Data records >>
-------------------------

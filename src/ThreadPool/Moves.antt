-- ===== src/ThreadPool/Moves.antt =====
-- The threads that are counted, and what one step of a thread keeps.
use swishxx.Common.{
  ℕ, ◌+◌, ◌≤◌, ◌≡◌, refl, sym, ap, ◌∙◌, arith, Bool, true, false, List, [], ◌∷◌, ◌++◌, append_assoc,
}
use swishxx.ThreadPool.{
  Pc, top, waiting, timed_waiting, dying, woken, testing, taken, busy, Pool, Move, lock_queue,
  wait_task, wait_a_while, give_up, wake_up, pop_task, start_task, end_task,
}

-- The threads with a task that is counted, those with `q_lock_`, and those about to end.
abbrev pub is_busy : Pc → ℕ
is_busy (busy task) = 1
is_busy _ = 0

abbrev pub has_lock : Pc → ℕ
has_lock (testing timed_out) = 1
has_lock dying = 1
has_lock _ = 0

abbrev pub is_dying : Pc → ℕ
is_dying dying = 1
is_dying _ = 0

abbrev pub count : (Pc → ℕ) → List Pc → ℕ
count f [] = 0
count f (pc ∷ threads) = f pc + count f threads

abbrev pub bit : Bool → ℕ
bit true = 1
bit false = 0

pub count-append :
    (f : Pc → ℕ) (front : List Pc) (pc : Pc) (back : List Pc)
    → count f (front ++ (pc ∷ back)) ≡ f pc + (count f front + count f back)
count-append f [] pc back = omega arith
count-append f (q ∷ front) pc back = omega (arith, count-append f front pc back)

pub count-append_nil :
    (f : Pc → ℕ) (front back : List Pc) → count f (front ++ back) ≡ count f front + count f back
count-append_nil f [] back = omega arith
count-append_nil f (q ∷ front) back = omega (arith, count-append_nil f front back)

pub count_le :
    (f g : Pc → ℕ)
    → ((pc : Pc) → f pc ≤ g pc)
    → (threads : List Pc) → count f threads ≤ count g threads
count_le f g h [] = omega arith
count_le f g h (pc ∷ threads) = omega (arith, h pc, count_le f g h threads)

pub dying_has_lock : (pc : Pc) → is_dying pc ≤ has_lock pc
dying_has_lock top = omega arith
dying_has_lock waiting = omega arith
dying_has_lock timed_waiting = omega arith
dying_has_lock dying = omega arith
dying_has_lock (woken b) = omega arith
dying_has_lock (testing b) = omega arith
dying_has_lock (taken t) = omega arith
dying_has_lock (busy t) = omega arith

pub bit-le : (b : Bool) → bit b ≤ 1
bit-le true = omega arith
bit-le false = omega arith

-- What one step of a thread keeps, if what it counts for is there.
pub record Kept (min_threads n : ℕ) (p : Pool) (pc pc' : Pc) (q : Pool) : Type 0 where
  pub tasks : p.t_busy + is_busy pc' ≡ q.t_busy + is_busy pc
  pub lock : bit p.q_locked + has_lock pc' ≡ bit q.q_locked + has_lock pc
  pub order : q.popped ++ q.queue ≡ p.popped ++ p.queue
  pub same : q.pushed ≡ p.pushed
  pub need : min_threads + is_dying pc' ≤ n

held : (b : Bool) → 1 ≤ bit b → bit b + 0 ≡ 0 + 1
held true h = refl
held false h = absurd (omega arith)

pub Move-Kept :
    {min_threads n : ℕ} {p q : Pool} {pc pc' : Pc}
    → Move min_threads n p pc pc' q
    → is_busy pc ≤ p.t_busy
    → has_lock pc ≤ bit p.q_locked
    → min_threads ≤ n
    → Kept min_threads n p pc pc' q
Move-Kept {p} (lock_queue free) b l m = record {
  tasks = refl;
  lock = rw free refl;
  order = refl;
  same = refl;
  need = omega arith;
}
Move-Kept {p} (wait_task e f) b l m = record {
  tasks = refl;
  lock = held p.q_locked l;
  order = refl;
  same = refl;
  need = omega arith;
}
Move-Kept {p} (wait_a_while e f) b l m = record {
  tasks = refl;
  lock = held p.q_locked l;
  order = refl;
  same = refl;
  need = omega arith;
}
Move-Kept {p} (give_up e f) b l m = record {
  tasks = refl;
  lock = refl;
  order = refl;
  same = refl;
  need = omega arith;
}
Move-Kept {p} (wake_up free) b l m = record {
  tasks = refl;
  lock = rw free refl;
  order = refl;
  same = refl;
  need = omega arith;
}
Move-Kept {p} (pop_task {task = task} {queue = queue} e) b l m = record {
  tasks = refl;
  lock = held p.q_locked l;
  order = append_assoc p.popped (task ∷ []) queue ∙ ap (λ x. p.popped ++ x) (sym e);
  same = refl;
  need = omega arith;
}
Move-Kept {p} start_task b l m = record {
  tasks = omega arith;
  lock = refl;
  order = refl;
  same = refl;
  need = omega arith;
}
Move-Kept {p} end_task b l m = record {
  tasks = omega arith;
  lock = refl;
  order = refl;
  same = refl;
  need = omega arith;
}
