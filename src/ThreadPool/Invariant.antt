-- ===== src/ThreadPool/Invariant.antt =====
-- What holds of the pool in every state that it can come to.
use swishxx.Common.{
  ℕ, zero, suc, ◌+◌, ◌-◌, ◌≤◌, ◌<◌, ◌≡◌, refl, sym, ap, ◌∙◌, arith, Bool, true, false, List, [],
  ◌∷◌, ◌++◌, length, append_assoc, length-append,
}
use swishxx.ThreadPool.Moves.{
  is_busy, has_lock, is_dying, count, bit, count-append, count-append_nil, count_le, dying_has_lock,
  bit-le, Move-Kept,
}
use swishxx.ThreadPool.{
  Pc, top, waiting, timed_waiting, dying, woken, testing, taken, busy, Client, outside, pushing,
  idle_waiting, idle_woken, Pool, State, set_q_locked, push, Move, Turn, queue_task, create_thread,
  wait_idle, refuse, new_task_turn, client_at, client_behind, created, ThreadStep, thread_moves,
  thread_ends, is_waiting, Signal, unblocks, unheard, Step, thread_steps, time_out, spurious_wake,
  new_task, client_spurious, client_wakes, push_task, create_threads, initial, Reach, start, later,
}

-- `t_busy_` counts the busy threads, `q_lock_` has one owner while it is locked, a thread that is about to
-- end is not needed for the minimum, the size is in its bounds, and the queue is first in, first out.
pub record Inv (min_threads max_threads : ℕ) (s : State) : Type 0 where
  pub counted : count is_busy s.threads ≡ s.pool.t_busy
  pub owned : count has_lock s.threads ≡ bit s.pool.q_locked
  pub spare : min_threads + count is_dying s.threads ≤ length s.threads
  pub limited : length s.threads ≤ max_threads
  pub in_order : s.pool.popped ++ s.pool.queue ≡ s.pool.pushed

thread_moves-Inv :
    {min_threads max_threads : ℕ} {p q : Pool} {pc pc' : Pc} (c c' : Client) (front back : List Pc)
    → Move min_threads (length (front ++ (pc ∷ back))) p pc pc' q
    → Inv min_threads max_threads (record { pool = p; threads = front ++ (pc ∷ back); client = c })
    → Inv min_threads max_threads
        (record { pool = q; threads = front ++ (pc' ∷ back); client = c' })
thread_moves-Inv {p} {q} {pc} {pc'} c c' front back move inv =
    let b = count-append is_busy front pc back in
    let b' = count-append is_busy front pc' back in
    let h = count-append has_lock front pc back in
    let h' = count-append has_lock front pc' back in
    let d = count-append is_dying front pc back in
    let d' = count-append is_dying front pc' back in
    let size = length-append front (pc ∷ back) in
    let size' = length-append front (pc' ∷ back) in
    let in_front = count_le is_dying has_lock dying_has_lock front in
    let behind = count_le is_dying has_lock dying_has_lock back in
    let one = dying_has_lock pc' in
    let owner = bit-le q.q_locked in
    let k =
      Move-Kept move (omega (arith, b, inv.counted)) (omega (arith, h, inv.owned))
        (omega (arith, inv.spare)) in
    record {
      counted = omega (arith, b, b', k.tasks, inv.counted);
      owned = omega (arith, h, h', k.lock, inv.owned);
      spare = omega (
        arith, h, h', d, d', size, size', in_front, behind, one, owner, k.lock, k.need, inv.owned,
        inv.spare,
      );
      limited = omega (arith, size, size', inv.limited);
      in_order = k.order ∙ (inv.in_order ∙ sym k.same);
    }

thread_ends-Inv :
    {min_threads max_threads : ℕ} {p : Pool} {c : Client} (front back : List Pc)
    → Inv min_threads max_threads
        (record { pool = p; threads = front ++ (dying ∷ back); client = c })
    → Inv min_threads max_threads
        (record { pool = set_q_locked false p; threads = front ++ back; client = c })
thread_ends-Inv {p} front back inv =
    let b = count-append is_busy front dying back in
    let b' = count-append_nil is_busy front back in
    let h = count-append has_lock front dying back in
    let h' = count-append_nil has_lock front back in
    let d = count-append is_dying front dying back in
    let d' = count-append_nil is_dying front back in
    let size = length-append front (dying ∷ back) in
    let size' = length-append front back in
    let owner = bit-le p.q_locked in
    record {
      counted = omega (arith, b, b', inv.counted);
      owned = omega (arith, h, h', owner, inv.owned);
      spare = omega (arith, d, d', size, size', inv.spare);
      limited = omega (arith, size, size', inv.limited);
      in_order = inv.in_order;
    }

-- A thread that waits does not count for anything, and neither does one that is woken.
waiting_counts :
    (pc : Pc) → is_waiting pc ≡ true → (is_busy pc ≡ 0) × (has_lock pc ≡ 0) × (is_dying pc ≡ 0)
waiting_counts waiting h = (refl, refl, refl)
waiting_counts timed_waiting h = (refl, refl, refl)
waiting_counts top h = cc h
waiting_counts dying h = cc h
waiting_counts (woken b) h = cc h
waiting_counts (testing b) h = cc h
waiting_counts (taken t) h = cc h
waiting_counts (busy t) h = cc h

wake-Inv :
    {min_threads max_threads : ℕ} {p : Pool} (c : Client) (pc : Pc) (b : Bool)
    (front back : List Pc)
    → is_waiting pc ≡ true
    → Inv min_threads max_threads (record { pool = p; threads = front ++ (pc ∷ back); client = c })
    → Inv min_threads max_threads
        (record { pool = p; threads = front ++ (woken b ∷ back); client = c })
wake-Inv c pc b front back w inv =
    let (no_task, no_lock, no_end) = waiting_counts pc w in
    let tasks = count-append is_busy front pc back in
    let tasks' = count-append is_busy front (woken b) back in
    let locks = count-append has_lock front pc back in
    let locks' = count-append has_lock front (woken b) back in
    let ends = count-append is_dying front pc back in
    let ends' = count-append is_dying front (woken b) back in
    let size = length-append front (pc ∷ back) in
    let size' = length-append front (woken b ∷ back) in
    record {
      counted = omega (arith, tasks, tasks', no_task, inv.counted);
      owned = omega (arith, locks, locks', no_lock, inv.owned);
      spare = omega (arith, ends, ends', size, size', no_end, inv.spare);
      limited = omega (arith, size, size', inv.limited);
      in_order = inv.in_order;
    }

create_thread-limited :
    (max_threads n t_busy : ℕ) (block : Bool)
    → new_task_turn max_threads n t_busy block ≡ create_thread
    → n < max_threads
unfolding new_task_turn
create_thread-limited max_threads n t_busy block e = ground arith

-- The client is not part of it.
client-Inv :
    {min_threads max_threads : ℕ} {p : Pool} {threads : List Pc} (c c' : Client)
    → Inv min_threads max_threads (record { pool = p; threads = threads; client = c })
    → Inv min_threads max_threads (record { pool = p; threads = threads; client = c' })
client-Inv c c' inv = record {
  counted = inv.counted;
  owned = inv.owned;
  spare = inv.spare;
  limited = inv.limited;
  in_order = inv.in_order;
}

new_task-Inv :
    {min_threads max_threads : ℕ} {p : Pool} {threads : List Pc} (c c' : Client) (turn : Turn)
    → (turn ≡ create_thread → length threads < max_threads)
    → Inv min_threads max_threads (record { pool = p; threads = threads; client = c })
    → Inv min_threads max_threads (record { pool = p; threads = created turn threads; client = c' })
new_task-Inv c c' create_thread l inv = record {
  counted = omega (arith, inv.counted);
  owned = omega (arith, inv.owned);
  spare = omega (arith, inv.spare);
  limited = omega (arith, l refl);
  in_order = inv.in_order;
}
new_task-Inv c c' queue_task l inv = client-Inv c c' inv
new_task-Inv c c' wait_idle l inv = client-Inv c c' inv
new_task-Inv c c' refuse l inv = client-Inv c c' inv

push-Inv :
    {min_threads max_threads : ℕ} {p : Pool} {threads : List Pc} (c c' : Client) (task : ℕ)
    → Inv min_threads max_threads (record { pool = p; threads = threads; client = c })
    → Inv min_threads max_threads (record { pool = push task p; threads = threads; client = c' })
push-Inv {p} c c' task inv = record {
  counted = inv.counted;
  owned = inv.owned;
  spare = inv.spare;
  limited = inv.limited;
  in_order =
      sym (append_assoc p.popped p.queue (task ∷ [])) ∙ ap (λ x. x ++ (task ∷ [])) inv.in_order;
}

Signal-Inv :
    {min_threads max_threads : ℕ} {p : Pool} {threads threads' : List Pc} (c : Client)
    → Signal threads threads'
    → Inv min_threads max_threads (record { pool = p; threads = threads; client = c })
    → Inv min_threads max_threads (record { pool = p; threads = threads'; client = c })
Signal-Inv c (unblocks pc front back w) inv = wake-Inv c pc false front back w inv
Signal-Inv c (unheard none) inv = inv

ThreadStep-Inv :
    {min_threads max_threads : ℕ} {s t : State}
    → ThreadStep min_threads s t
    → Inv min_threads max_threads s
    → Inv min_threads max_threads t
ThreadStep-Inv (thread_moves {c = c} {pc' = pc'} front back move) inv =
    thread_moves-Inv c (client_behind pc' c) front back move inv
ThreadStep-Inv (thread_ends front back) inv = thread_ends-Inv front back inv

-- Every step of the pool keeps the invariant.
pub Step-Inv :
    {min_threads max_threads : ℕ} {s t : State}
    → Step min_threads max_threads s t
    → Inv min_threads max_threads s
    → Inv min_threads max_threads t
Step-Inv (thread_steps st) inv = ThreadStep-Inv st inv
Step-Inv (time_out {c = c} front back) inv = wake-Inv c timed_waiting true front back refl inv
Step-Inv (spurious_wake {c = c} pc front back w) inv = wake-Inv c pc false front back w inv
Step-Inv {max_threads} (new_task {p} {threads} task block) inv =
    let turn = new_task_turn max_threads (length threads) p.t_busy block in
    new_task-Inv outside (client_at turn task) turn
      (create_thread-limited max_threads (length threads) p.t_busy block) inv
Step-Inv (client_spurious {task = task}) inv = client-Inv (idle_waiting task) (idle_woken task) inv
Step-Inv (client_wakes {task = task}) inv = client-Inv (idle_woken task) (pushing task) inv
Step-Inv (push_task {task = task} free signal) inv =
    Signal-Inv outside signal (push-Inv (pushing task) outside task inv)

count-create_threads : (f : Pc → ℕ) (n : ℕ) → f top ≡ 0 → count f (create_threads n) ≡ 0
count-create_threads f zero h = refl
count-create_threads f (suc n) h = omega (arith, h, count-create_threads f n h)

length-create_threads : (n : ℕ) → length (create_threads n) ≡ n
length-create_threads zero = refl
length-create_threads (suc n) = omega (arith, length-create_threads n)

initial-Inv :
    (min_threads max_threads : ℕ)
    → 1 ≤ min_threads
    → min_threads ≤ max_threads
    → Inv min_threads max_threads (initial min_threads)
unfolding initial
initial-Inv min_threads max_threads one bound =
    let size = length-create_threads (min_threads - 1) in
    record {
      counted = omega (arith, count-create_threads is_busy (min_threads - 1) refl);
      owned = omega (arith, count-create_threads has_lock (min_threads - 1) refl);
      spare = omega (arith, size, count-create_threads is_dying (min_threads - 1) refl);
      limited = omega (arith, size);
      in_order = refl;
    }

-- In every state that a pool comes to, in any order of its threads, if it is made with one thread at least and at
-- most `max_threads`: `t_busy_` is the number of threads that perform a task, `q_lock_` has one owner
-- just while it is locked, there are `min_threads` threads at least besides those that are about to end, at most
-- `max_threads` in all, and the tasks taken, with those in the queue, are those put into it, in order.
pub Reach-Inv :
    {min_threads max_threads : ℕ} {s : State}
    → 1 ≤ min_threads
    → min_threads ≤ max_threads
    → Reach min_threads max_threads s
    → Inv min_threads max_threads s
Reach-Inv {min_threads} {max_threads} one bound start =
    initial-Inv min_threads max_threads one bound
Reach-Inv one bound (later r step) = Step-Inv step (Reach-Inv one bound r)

-------------------------

Every line from the first through the one containing "is_dying _ = 0" in the listing above must be given again exactly, with nothing else alongside.

Task solution >>
filename src/ThreadPool/Moves.antt
-- ===== src/ThreadPool/Moves.antt =====
-- The threads that are counted, and what one step of a thread keeps.
use swishxx.Common.{
  ℕ, ◌+◌, ◌≤◌, ◌≡◌, refl, sym, ap, ◌∙◌, arith, Bool, true, false, List, [], ◌∷◌, ◌++◌, append_assoc,
}
use swishxx.ThreadPool.{
  Pc, top, waiting, timed_waiting, dying, woken, testing, taken, busy, Pool, Move, lock_queue,
  wait_task, wait_a_while, give_up, wake_up, pop_task, start_task, end_task,
}

-- The threads with a task that is counted, those with `q_lock_`, and those about to end.
abbrev pub is_busy : Pc → ℕ
is_busy (busy task) = 1
is_busy _ = 0

abbrev pub has_lock : Pc → ℕ
has_lock (testing timed_out) = 1
has_lock dying = 1
has_lock _ = 0

abbrev pub is_dying : Pc → ℕ
is_dying dying = 1
is_dying _ = 0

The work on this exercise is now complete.